The cult-like vibes are quite strong in the book. We’ve discussed it several times. They love-bomb newbies, then hold them to increasingly unreasonable standards. They use shame as a means of social control. They also use new language – some of this language, like going clear, is taken straight from Scientology – as a way of shaping the thoughts of newbies and users.
From Tabrez:
The aspect which has been the hardest to wrestle with, is that so far most of the surveillance tools they have shown either feign empathy or seem fo come from a genuine position of wanting to improve the world. One understands why Francis would wanna make something like childtrack, or the fact that the Circle has made the Mae's life materially so much better, and practically saved her father's life and dignity, or the seechange being used to record police atrocities Egypt or many more. Eggars is very careful to not create a 1984-esque surveillance system, but one who's certain members at least want to be the force of good. This raises larger questions about good intentions and side effects of wanting to improve the world without thinking of the ripple effects.

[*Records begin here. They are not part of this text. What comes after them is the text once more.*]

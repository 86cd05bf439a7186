-- ===== src/Http/Checking.antt =====
-- Which requests on metrics get past the checks of the handlers, to a call of the service.
use orchestrix_api.Common.{
  String, ◌≡◌, ◌≢◌, refl, Bool, true, false, not, ◌&&◌, List, [], ◌∷◌, All, map, Bool-cases, inl,
  inr, str_eq, eq_iff, arith,
}
use orchestrix_api.Domain.Metric.{is_valid_metric_type, is_valid_aggregation_type}
use orchestrix_api.Postgres.Texts.{of_text}
use orchestrix_api.Validation.{is_one_of}
use orchestrix_api.Validation.Accepting.{IsIn, here, there, is_one_of-IsIn, IsIn-is_one_of}
use orchestrix_api.Auth.{User}
use orchestrix_api.Port.Call.{Ports, History}
use orchestrix_api.Port.Action.{Action}
use orchestrix_api.Service.Metric as MetricService
use orchestrix_api.Http.Handling.{Handler, refused}
use orchestrix_api.Http.Metrics as Metrics
use orchestrix_api.Http.Metrics.{IngestMetricRequest, ingest_input, has_nameless}
use orchestrix_api.Http.Definitions as Definitions
use orchestrix_api.Http.Definitions.{
  CreateMetricDefinitionRequest, create_input, metric_type_of, aggregation_of,
}

-- A handler checks a request for a property before it calls the service.
pub data Checks {A B : Type 0} (P : Type 0) (f : Handler A) (action : Action B) (h : History)
    : Type 0 where
  rejected : (message : String) → ¬ P → f h ≡ (refused 400 message, h) → Checks P f action h
  passed : P → (f h).1 ≡ (action h).1 → Checks P f action h

-- A batch has metrics, and each has a name.
abbrev pub IsBatch : List IngestMetricRequest → Type 0
IsBatch rs = (rs ≢ []) × All (λ r. r.name ≢ "") rs

-- The types and the aggregations that there are, as texts of a request.
abbrev pub known_types : List String
known_types = "gauge" ∷ "counter" ∷ "histogram" ∷ "summary" ∷ []

abbrev pub known_aggregations : List String
known_aggregations = "avg" ∷ "sum" ∷ "min" ∷ "max" ∷ "last" ∷ "count" ∷ "p50" ∷ "p95" ∷ "p99" ∷ []

-- A definition has a name, and a type and an aggregation that are empty or among the known texts.
abbrev pub IsDefinition : CreateMetricDefinitionRequest → Type 0
IsDefinition r =
    (r.name ≢ "") × IsIn r.kind ("" ∷ known_types) × IsIn r.aggregation ("" ∷ known_aggregations)

has_nameless-All :
    (rs : List IngestMetricRequest) → has_nameless rs ≡ false → All (λ r. r.name ≢ "") rs
unfolding has_nameless
has_nameless-All [] q = tt
has_nameless-All (r ∷ rs) q = elim (Bool-cases (str_eq r.name "")) [
  | inl e ↦ cc (rw e at q)
  | inr n ↦ ((λ e. cc ((eq_iff r.name "").1 e, n)), has_nameless-All rs (rw n at q))
]

has_nameless-not :
    (rs : List IngestMetricRequest) → has_nameless rs ≡ true → ¬ All (λ r. r.name ≢ "") rs
unfolding has_nameless
has_nameless-not [] q all = cc
has_nameless-not (r ∷ rs) q (named, all) = elim (Bool-cases (str_eq r.name "")) [
  | inl e ↦ named ((eq_iff r.name "").0 e)
  | inr n ↦ has_nameless-not rs (rw n at q) all
]

-- The code accepts just the known texts.
type-is_one_of : (s : String) → is_valid_metric_type (metric_type_of s) ≡ is_one_of s known_types
unfolding is_valid_metric_type metric_type_of of_text is_one_of
type-is_one_of s = ground arith

aggregation-is_one_of :
    (s : String) → is_valid_aggregation_type (aggregation_of s) ≡ is_one_of s known_aggregations
unfolding is_valid_aggregation_type aggregation_of of_text is_one_of
aggregation-is_one_of s = ground arith

-- A text that is not empty is looked at.
module _ (s : String) (known : List String) (v : Bool) (same : v ≡ is_one_of s known) where
  accepted : (not (str_eq s "") && not v) ≡ false → IsIn s ("" ∷ known)
  accepted q = elim (Bool-cases (str_eq s "")) [
    | inl e ↦ here ((eq_iff s "").0 e)
    | inr n ↦ there (is_one_of-IsIn s known (ground arith))
  ]

  refused_text : (not (str_eq s "") && not v) ≡ true → ¬ IsIn s ("" ∷ known)
  refused_text q (here e) = ground (arith, (eq_iff s "").1 e)
  refused_text q (there m) = ground (arith, IsIn-is_one_of m)

module _ (p : Ports) (u : User) (h : History) where
  ingest_batch_valid-Checks :
      (rs : List IngestMetricRequest)
      → Checks
          (IsBatch rs)
          (Metrics.ingest_batch_valid p u rs)
          (MetricService.ingest_batch p
            (record { tenant_id = u.tenant_id; metrics = map (ingest_input u) rs }))
          h
  unfolding Metrics.ingest_batch_valid
  ingest_batch_valid-Checks [] =
      rejected "metrics array is required" (λ (q : IsBatch []). q.0 refl) refl
  ingest_batch_valid-Checks (r ∷ rs) = elim (Bool-cases (has_nameless (r ∷ rs))) [
    | inl q ↦
        rejected "name is required for all metrics"
          (λ (b : IsBatch (r ∷ rs)). has_nameless-not (r ∷ rs) q b.1) (rw q refl)
    | inr q ↦ passed (λ e. cc e, has_nameless-All (r ∷ rs) q) (rw q refl)
  ]

  -- The three tests of the handler, with the texts and what they stand for.
  create_valid-Checks :
      (r : CreateMetricDefinitionRequest)
      → Checks
          (IsDefinition r)
          (Definitions.create_valid p u r)
          (MetricService.create_definition p (create_input u r))
          h
  unfolding Definitions.create_valid create_input
  create_valid-Checks r = elim (Bool-cases (str_eq r.name "")) [
    | inl e ↦
        rejected "name is required" (λ (d : IsDefinition r). d.0 ((eq_iff r.name "").0 e))
          (rw e refl)
    | inr n ↦
        elim (Bool-cases
          (not (str_eq r.kind "") && not (is_valid_metric_type (metric_type_of r.kind)))) [
            | inl k ↦
                rejected "invalid metric type"
                  (λ (d : IsDefinition r).
                    refused_text r.kind known_types _ (type-is_one_of r.kind) k d.1)
                  (rw (n, k) refl)
            | inr k ↦
                elim (Bool-cases (
                  not (str_eq r.aggregation "")
                  && not (is_valid_aggregation_type (aggregation_of r.aggregation)))) [
                    | inl a ↦
                        rejected "invalid aggregation type"
                          (λ (d : IsDefinition r).
                            refused_text r.aggregation known_aggregations _
                              (aggregation-is_one_of r.aggregation) a d.2)
                          (rw (n, k, a) refl)
                    | inr a ↦
                        passed
                          (
                            λ q. cc ((eq_iff r.name "").1 q, n),
                            accepted r.kind known_types _ (type-is_one_of r.kind) k,
                            accepted r.aggregation known_aggregations _
                                (aggregation-is_one_of r.aggregation) a,
                          )
                          (rw (n, k, a) refl)
                  ]
          ]
  ]

-- A batch of metrics, and a definition of a metric, is refused with a 400 before any call exactly if it
-- has no metrics or one without a name, or if it has no name, a type that is given and is none of
-- gauge, counter, histogram and summary, or an aggregation that is given and is none of avg, sum, min,
-- max, last, count, p50, p95 and p99; any other gets to the service, under the tenant of the user.
pub metrics-Checks :
    (p : Ports) (u : User) (h : History) (rs : List IngestMetricRequest)
    (r : CreateMetricDefinitionRequest)
    → Checks
        (IsBatch rs)
        (Metrics.ingest_batch_valid p u rs)
        (MetricService.ingest_batch p
          (record { tenant_id = u.tenant_id; metrics = map (ingest_input u) rs }))
        h
      × Checks
          (IsDefinition r)
          (Definitions.create_valid p u r)
          (MetricService.create_definition p (create_input u r))
          h
metrics-Checks p u h rs r = (ingest_batch_valid-Checks p u h rs, create_valid-Checks p u h r)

If you were to check out my interview with C. Thi Nguyen, you’ll find he made a really interesting remark related to this. Nguyen believes that in our modern thought-world, quantified evidence always trumps qualitative evidence. But he also believes that many of our core human values, the ones that give our lives a sense of meaning, aren’t easily quantified. In the case of TruYouth/ChildTrack, I think we see this quite clearly. Reducing abductions is good, of course, but it is also easily measured. Intangibles like privacy or trusting your child are not.

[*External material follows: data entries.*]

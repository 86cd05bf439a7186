-- ===== src/Service/Execution.antt =====
-- internal/core/service/execution.go
pub mod Cancelling
use orchestrix_api.Common.{String, Option, none, some, ℤ, page_offset, length, if◌then◌else◌}
use orchestrix_api.Fault.{sentinel}
use orchestrix_api.Domain.Errors.{execution_cannot_cancel}
use orchestrix_api.Domain.Values.{Uuid}
use orchestrix_api.Domain.Execution.{Execution, can_cancel, mark_as_cancelled}
use orchestrix_api.Port.Inputs.{Page}
use orchestrix_api.Port.Call.{Ports, cancel_workflow, update_execution}
use orchestrix_api.Port.Action.{Action, ask, write, pure, raise, gets, ◌>>=◌, ◌>>◌}
use orchestrix_api.Service.Audit.{set_tenant}

module _ (p : Ports) where
  unfoldable pub list : Uuid → ℤ → ℤ → Action (Page Execution)
  list tenant_id page limit = do
    set_tenant p tenant_id
    let offset = page_offset page limit
    executions ←
        ask "executions by tenant" λ h. p.executions.find_by_tenant h tenant_id limit offset
    total ← ask "executions of tenant" λ h. p.executions.count_by_tenant h tenant_id
    pure (record { items = executions; total = total; page = page; limit = limit })

  unfoldable pub list_by_workflow : Uuid → ℤ → ℤ → Action (Page Execution)
  list_by_workflow workflow_id page limit = do
    let offset = page_offset page limit
    executions ←
        ask "executions by workflow" λ h. p.executions.find_by_workflow h workflow_id limit offset
    pure (record { items = executions; total = length executions; page = page; limit = limit })

  unfoldable pub get_by_id : Uuid → Action Execution
  get_by_id id = ask "execution by id" λ h. p.executions.find_by_id h id

  -- Temporal is asked only if the execution has an id there.
  unfoldable pub cancel_in_temporal : Option String → Action Unit
  cancel_in_temporal none = pure tt
  cancel_in_temporal (some id) = write (cancel_workflow id) λ h. p.executor.cancel h id

  unfoldable pub cancel : Uuid → Action Unit
  unfolding get_by_id
  cancel id = do
    execution ← get_by_id id
    if can_cancel execution
        then (do
          cancel_in_temporal execution.temporal_workflow_id
          now ← gets λ h. p.host.now h 0
          let cancelled = mark_as_cancelled now execution
          write (update_execution cancelled) λ h. p.executions.update h cancelled)
        else raise (sentinel execution_cannot_cancel)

Lasch mentions that the narcissist is also afraid of dependence. I don’t see this explored much in The Circle.




Probably my favorite lines of the book so far:
"No you don't. Mae, you're just unable to allow anything to live inside a room. My work exists in one room. It doesn't exist anywhere else. And that's how I intend it."
I keep thinking about these lines, and wishing that more people's work and art could just exist inside one room, without the pressures of visibility and content and exposure and growth...something so beautiful about it.
This bit of reading had a few massive scenes on the philosophy of the Circle. There was the extended discussion (private than public) between Eamon Bailey and Mae that lead to Mae going clear. These conversations result from Mae stealing the kayak and the fallout of getting caught by the Police.
The 'theft' shows how much the Sea Change cameras can undermine trust. I don't see Mae taking the kayak as theft at all - maybe bad judgement, but not theft. She knew the owner and knew the owner wouldn't mind. She had no intention of keeping it and brought it back to where she found it. She borrowed it, based on the intuitive understanding that the owner Marion was a free spirit and that Marion would trust Mae to borrow the kayak outside of regular hours. When Marion arrived to the police call, she said as much: look, Mae borrows here all the time, this was no big deal, "she has the run of the place." (pg. 273)
But Mae's direct boss Dan just doesn't buy it. (pg. 274) He relies only on the images from the cameras - the explicit things he can see - to understand the situation. The intuitive understanding of the situation between Mae and Marion doesn't count for anything - it's seems nearly impossible for Dan to view the situation that way. Dan trusts the cameras, not human interaction or nuance. Not Mae. We come to C. Thi Nguyen's idea that in our modern thought-world, quantified evidence always trumps qualitative evidence. Or phrased differently the explicit triumphs over the implied.